→ Goal of the exercise:
Could you restate word for word every line of the records below, from the first one to the one holding "argument_flags (a ∷ b ∷ [])"?

=== Begin Enclosure ===

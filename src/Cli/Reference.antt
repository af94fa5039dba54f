-- ===== src/Cli/Reference.antt =====
-- What the options of `audioctl list` mean (src/main.c): each argument stands for some flags, and the
-- options are the flags of all arguments.
use audioctl.Base.{
  ℕ, ◌≡◌, refl, ◌∙◌, sym, Bool, true, false, not, ◌&&◌, ◌||◌, Option, none, some, List, [], ◌∷◌,
  ◌++◌, ◌==◌, if◌then◌else◌, Bool-cases, inl, inr, arith,
}
use mathlib.Core.Path.{subst}
use audioctl.Base.Bytes.{Bytes, codes}
use audioctl.Cli.{same_string}
use audioctl.Cli.Options.{
  ProgramOptions, Flag, active, input, output, raise_flag, command_options, parse_short_option,
  parse_long_option, parse_short_options, handle_argument, handle_arguments, no_options,
  validate_option_combination, parse_options,
}

abbrev pub letter_flag : ℕ → Option Flag
letter_flag c =
    if c == 97
    then some active
    else if c == 105
    then some input
    else if c == 111
    then some output
    else none

abbrev pub word_flag : Bytes → Option Flag
word_flag w =
    if same_string w (codes "active")
    then some active
    else if same_string w (codes "input")
    then some input
    else if same_string w (codes "output")
    then some output
    else none

abbrev pub and_then : Option Flag → Option (List Flag) → Option (List Flag)
and_then none rest = none
and_then (some f) none = none
and_then (some f) (some fs) = some (f ∷ fs)

abbrev pub both : Option (List Flag) → Option (List Flag) → Option (List Flag)
both none gs = none
both (some fs) none = none
both (some fs) (some gs) = some (fs ++ gs)

pub letters_flags : Bytes → Option (List Flag)
letters_flags [] = some []
letters_flags (c ∷ cs) = and_then (letter_flag c) (letters_flags cs)

-- "-" and letters, or "--" and a word; neither alone.
pub argument_flags : Bytes → Option (List Flag)
argument_flags [] = none
argument_flags (a ∷ []) = none
argument_flags (a ∷ b ∷ []) = if a == 45 && not (b == 45) then letters_flags (b ∷ []) else none
argument_flags (a ∷ b ∷ c ∷ cs) =
    if not (a == 45)
    then none
    else if b == 45
    then and_then (word_flag (c ∷ cs)) (some [])
    else letters_flags (b ∷ c ∷ cs)

pub arguments_flags : List Bytes → Option (List Flag)
arguments_flags [] = some []
arguments_flags (arg ∷ args) = both (argument_flags arg) (arguments_flags args)

abbrev pub same_flag : Flag → Flag → Bool
same_flag active active = true
same_flag input input = true
same_flag output output = true
same_flag _ _ = false

unfoldable pub has_flag : Flag → List Flag → Bool
has_flag f [] = false
has_flag f (g ∷ gs) = same_flag f g || has_flag f gs

unfoldable pub raise_all : List Flag → ProgramOptions → ProgramOptions
raise_all [] opts = opts
raise_all (f ∷ fs) opts = raise_all fs (raise_flag f opts)

-- The options that flags stand for.
abbrev pub options_of : List Flag → ProgramOptions
options_of fs = record {
  show_only_active = has_flag active fs;
  show_only_input = has_flag input fs;
  show_only_output = has_flag output fs;
  set_input_volume = false;
  set_output_volume = false;
}

-- What a parser owes to the flags that its text stands for.
abbrev pub Agrees : Option (List Flag) → Bool × ProgramOptions → ProgramOptions → Type 0
Agrees none out opts = out.0 ≡ false
Agrees (some fs) out opts = out ≡ (true, raise_all fs opts)

parse_short_option-Agrees :
    (c : ℕ) (opts : ProgramOptions)
    → Agrees (and_then (letter_flag c) (some [])) (parse_short_option c command_options opts) opts
unfolding parse_short_option raise_all
parse_short_option-Agrees c opts = elim (Bool-cases (c == 97)) [
  | inl a ↦ rw a refl
  | inr not_a ↦ elim (Bool-cases (c == 105)) [
    | inl i ↦ rw (not_a, i) refl
    | inr not_i ↦ elim (Bool-cases (c == 111)) [
      | inl o ↦ rw (not_a, not_i, o) refl
      | inr not_o ↦ rw (not_a, not_i, not_o) refl
    ]
  ]
]

parse_long_option-Agrees :
    (w : Bytes) (opts : ProgramOptions)
    → Agrees (and_then (word_flag w) (some [])) (parse_long_option w command_options opts) opts
unfolding parse_long_option raise_all
parse_long_option-Agrees w opts = elim (Bool-cases (same_string w (codes "active"))) [
  | inl a ↦ rw a refl
  | inr not_a ↦ elim (Bool-cases (same_string w (codes "input"))) [
    | inl i ↦ rw (not_a, i) refl
    | inr not_i ↦ elim (Bool-cases (same_string w (codes "output"))) [
      | inl o ↦ rw (not_a, not_i, o) refl
      | inr not_o ↦ rw (not_a, not_i, not_o) refl
    ]
  ]
]

raise_all-append :
    (fs gs : List Flag) (opts : ProgramOptions)
    → raise_all (fs ++ gs) opts ≡ raise_all gs (raise_all fs opts)
unfolding raise_all
raise_all-append [] gs opts = refl
raise_all-append (f ∷ fs) gs opts = raise_all-append fs gs (raise_flag f opts)

-- One parser after the other.
both-Agrees :
    (x y : Option (List Flag)) (out : Bool × ProgramOptions)
    (next : ProgramOptions → Bool × ProgramOptions) (opts : ProgramOptions)
    → Agrees x out opts
    → ((opts' : ProgramOptions) → Agrees y (next opts') opts')
    → Agrees (both x y) (if out.0 then next out.1 else (false, out.1)) opts
both-Agrees none y out next opts first second = rw first refl
both-Agrees (some fs) none out next opts first second = rw first (second (raise_all fs opts))
both-Agrees (some fs) (some gs) out next opts first second =
    rw (first, raise_all-append fs gs opts) (second (raise_all fs opts))

both-and_then :
    (o : Option Flag) (y : Option (List Flag)) → and_then o y ≡ both (and_then o (some [])) y
both-and_then none y = refl
both-and_then (some f) none = refl
both-and_then (some f) (some gs) = refl

parse_short_options-Agrees :
    (cs : Bytes) (opts : ProgramOptions)
    → Agrees (letters_flags cs) (parse_short_options cs command_options opts) opts
unfolding letters_flags parse_short_options raise_all
parse_short_options-Agrees [] opts = refl
parse_short_options-Agrees (c ∷ cs) opts =
    subst (λ x. Agrees x (parse_short_options (c ∷ cs) command_options opts) opts)
      (sym (both-and_then (letter_flag c) (letters_flags cs)))
      (both-Agrees (and_then (letter_flag c) (some [])) (letters_flags cs)
        (parse_short_option c command_options opts)
        (λ opts'. parse_short_options cs command_options opts') opts
        (parse_short_option-Agrees c opts) (λ opts'. parse_short_options-Agrees cs opts'))

handle_argument-Agrees :
    (arg : Bytes) (opts : ProgramOptions)
    → Agrees (argument_flags arg) (handle_argument arg command_options opts) opts
unfolding argument_flags handle_argument
handle_argument-Agrees [] opts = refl
handle_argument-Agrees (a ∷ []) opts = refl
handle_argument-Agrees (a ∷ b ∷ []) opts = elim (Bool-cases (a == 45)) [
  | inl dash ↦ elim (Bool-cases (b == 45)) [
    | inl dashes ↦ rw (dash, dashes) refl
    | inr letter ↦ rw (dash, letter) (parse_short_options-Agrees (b ∷ []) opts)
  ]
  | inr plain ↦ rw plain refl
]
handle_argument-Agrees (a ∷ b ∷ c ∷ cs) opts = elim (Bool-cases (a == 45)) [
  | inl dash ↦ elim (Bool-cases (b == 45)) [
    | inl dashes ↦ rw (dash, dashes) (parse_long_option-Agrees (c ∷ cs) opts)
    | inr letter ↦ rw (dash, letter) (parse_short_options-Agrees (b ∷ c ∷ cs) opts)
  ]
  | inr plain ↦ rw plain refl
]

handle_arguments-Agrees :
    (args : List Bytes) (opts : ProgramOptions)
    → Agrees (arguments_flags args) (handle_arguments args command_options opts) opts
unfolding arguments_flags handle_arguments raise_all
handle_arguments-Agrees [] opts = refl
handle_arguments-Agrees (arg ∷ args) opts =
    both-Agrees (argument_flags arg) (arguments_flags args)
      (handle_argument arg command_options opts)
      (λ opts'. handle_arguments args command_options opts') opts (handle_argument-Agrees arg opts)
      (λ opts'. handle_arguments-Agrees args opts')

-- The flags raised are those in the list, on top of those that were there.
raised :
    (fs : List Flag) (opts : ProgramOptions)
    → raise_all fs opts ≡ record {
      show_only_active = opts.show_only_active || has_flag active fs;
      show_only_input = opts.show_only_input || has_flag input fs;
      show_only_output = opts.show_only_output || has_flag output fs;
      set_input_volume = opts.set_input_volume;
      set_output_volume = opts.set_output_volume;
    }
unfolding raise_all has_flag
raised [] opts = ground arith
raised (active ∷ fs) opts = raised fs (raise_flag active opts) ∙ ground arith
raised (input ∷ fs) opts = raised fs (raise_flag input opts) ∙ ground arith
raised (output ∷ fs) opts = raised fs (raise_flag output opts) ∙ ground arith

-- The result for the flags that the arguments stand for: `none` if an argument has no meaning.
abbrev pub meaning : Option (List Flag) → Option ProgramOptions
meaning none = none
meaning (some fs) = if has_flag input fs && has_flag output fs then none else some (options_of fs)

-- What the caller sees: the options only with the result true.
abbrev pub accepted : Bool × ProgramOptions → Option ProgramOptions
accepted (fine, opts) = if fine then some opts else none

from_none : (fs : List Flag) → raise_all fs no_options ≡ options_of fs
from_none fs = raised fs no_options

chosen :
    (both_given : Bool) (opts : ProgramOptions)
    → accepted (not both_given, opts) ≡ (if both_given then none else some opts)
chosen true opts = refl
chosen false opts = refl

validated :
    (x : Option (List Flag)) (out : Bool × ProgramOptions)
    → Agrees x out no_options
    → accepted (if out.0 then (validate_option_combination out.1, out.1) else (false, out.1))
      ≡ meaning x
unfolding validate_option_combination
validated none out first = rw first refl
validated (some fs) out first =
    rw (first, from_none fs) (chosen (has_flag input fs && has_flag output fs) (options_of fs))

-- `parseOptions` accepts exactly the arguments that all have a meaning and do not ask for input and
-- output devices at once, and then its options are the flags that occur anywhere in them, whatever
-- their order, their number and their spelling.
pub parse_options_lem :
    (args : List Bytes) → accepted (parse_options args) ≡ meaning (arguments_flags args)
unfolding parse_options
parse_options_lem args =
    validated (arguments_flags args) (handle_arguments args command_options no_options)
      (handle_arguments-Agrees args no_options)
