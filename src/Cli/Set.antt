-- ===== src/Cli/Set.antt =====
-- `audioctl set` (src/main.c): the volume of the device in use, and the switch to another device. The
-- product of a float, the text of a float and the system are parameters.
use audioctl.Base.{
  ℕ, ◌≤◌, ◌≡◌, ap, ◌∙◌, Bool, true, false, not, ◌&&◌, Option, none, some, List, [], ◌∷◌, length,
  ◌==◌, if◌then◌else◌, arith,
}
use audioctl.Base.Float.{Float32, f_zero, f_hundred, f_minus_one, flt, fle}
use audioctl.Base.Bytes.{Bytes, codes}
use audioctl.Manager.Binding.{
  IsOneLine, save_bound_physical_device, get_bound_physical_device_uid, get-save_bound,
}
use audioctl.Devices.{Hardware, has_uid, find_device_by_uid}
use audioctl.Devices.Find.{listed, find_device_by_uid_lem}
use audioctl.Cli.{same_string}
use audioctl.Cli.Options.{Device, find_running_device}

-- `strtof` gives the number at the start of a string and the rest.
unfoldable pub parse_volume : (Bytes → Float32 × Bytes) → Bytes → Float32
parse_volume strtof text =
    let (volume, rest) = strtof text in
    if (is_end rest && fle f_zero volume) && fle volume f_hundred then volume else f_minus_one
  where
    is_end : Bytes → Bool
    is_end [] = true
    is_end (c ∷ s) = false

-- What the command looks at: whether the virtual device is the default output, the binding file, the
-- calls for the bound device, and the list of devices (`none` if it cannot be had).
pub record Setting : Type 0 where
  pub virtual_active : Bool
  pub binding_file : Option Bytes
  pub hardware : Hardware
  pub devices : Option (List Device)

-- The device whose volume is set, `none` with an error.
unfoldable pub volume_target : Setting → Bool → Option ℕ
volume_target w for_input =
    if not for_input && w.virtual_active
    then elim (get_bound_physical_device_uid 256 w.binding_file) [
      | none ↦ none
      | some uid ↦
          let device = find_device_by_uid w.hardware uid in
          if device == 0 then none else some device
    ]
    else elim (w.devices) [ none ↦ none | some ds ↦ find_running_device for_input ds ]

-- The call of `setDeviceVolume`, with the volume before it is divided by 100, `none` where the
-- command ends before it with the exit status 1. The arguments are those from `argv[2]` on.
unfoldable pub handle_volume_set :
    (Bytes → Float32 × Bytes) → Setting → List Bytes → Option (ℕ × Float32)
handle_volume_set strtof w (option ∷ text ∷ []) =
    let for_input = same_string option (codes "-i") in
    let volume = parse_volume strtof text in
    if not for_input && not (same_string option (codes "-o"))
    then none
    else if flt volume f_zero
    then none
    else elim (volume_target w for_input) [ none ↦ none | some device ↦ some (device, volume) ]
handle_volume_set strtof w _ = none

-- While the virtual device is the default output, the volume of outputs is that of the bound physical
-- device: with the binding file as `save_bound_physical_device` has written it, `set -o` and an
-- accepted volume reach the device of that UID. The UID has 1 to 255 bytes without a null or a
-- newline, and the device is listed and is the only one that has it.
pub set_output_reaches_bound :
    (strtof : Bytes → Float32 × Bytes) (w : Setting) (text : Bytes) (p c : ℕ) (s : Bytes)
    (before : Option Bytes) (ds : List ℕ)
    → w.virtual_active ≡ true
    → w.binding_file ≡ (save_bound_physical_device true (c ∷ s) before).1
    → IsOneLine (c ∷ s)
    → length (c ∷ s) ≤ 255
    → w.hardware.devices ≡ some ds
    → listed p ds ≡ true
    → p == 0 ≡ false
    → has_uid w.hardware (c ∷ s) p ≡ true
    → ((e : ℕ) → has_uid w.hardware (c ∷ s) e ≡ true → e ≡ p)
    → flt (parse_volume strtof text) f_zero ≡ false
    → handle_volume_set strtof w (codes "-o" ∷ text ∷ []) ≡ some (p, parse_volume strtof text)
unfolding handle_volume_set volume_target same_string
set_output_reaches_bound strtof w text p c s before ds active file plain fits all there real named
      unique accepted =
    ground (
      arith,
      active,
      accepted,
      ap (get_bound_physical_device_uid 256) file ∙ get-save_bound c s before plain fits,
      find_device_by_uid_lem w.hardware (c ∷ s) p ds all there named unique,
      real,
    )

=== End Enclosure ===

→ Task result:
filename src/Cli/Reference.antt
repository af94fa5039dba54f
-- ===== src/Cli/Reference.antt =====
-- What the options of `audioctl list` mean (src/main.c): each argument stands for some flags, and the
-- options are the flags of all arguments.
use audioctl.Base.{
  ℕ, ◌≡◌, refl, ◌∙◌, sym, Bool, true, false, not, ◌&&◌, ◌||◌, Option, none, some, List, [], ◌∷◌,
  ◌++◌, ◌==◌, if◌then◌else◌, Bool-cases, inl, inr, arith,
}
use mathlib.Core.Path.{subst}
use audioctl.Base.Bytes.{Bytes, codes}
use audioctl.Cli.{same_string}
use audioctl.Cli.Options.{
  ProgramOptions, Flag, active, input, output, raise_flag, command_options, parse_short_option,
  parse_long_option, parse_short_options, handle_argument, handle_arguments, no_options,
  validate_option_combination, parse_options,
}

abbrev pub letter_flag : ℕ → Option Flag
letter_flag c =
    if c == 97
    then some active
    else if c == 105
    then some input
    else if c == 111
    then some output
    else none

abbrev pub word_flag : Bytes → Option Flag
word_flag w =
    if same_string w (codes "active")
    then some active
    else if same_string w (codes "input")
    then some input
    else if same_string w (codes "output")
    then some output
    else none

abbrev pub and_then : Option Flag → Option (List Flag) → Option (List Flag)
and_then none rest = none
and_then (some f) none = none
and_then (some f) (some fs) = some (f ∷ fs)

abbrev pub both : Option (List Flag) → Option (List Flag) → Option (List Flag)
both none gs = none
both (some fs) none = none
both (some fs) (some gs) = some (fs ++ gs)

pub letters_flags : Bytes → Option (List Flag)
letters_flags [] = some []
letters_flags (c ∷ cs) = and_then (letter_flag c) (letters_flags cs)

-- "-" and letters, or "--" and a word; neither alone.
pub argument_flags : Bytes → Option (List Flag)
argument_flags [] = none
argument_flags (a ∷ []) = none
argument_flags (a ∷ b ∷ []) = if a == 45 && not (b == 45) then letters_flags (b ∷ []) else none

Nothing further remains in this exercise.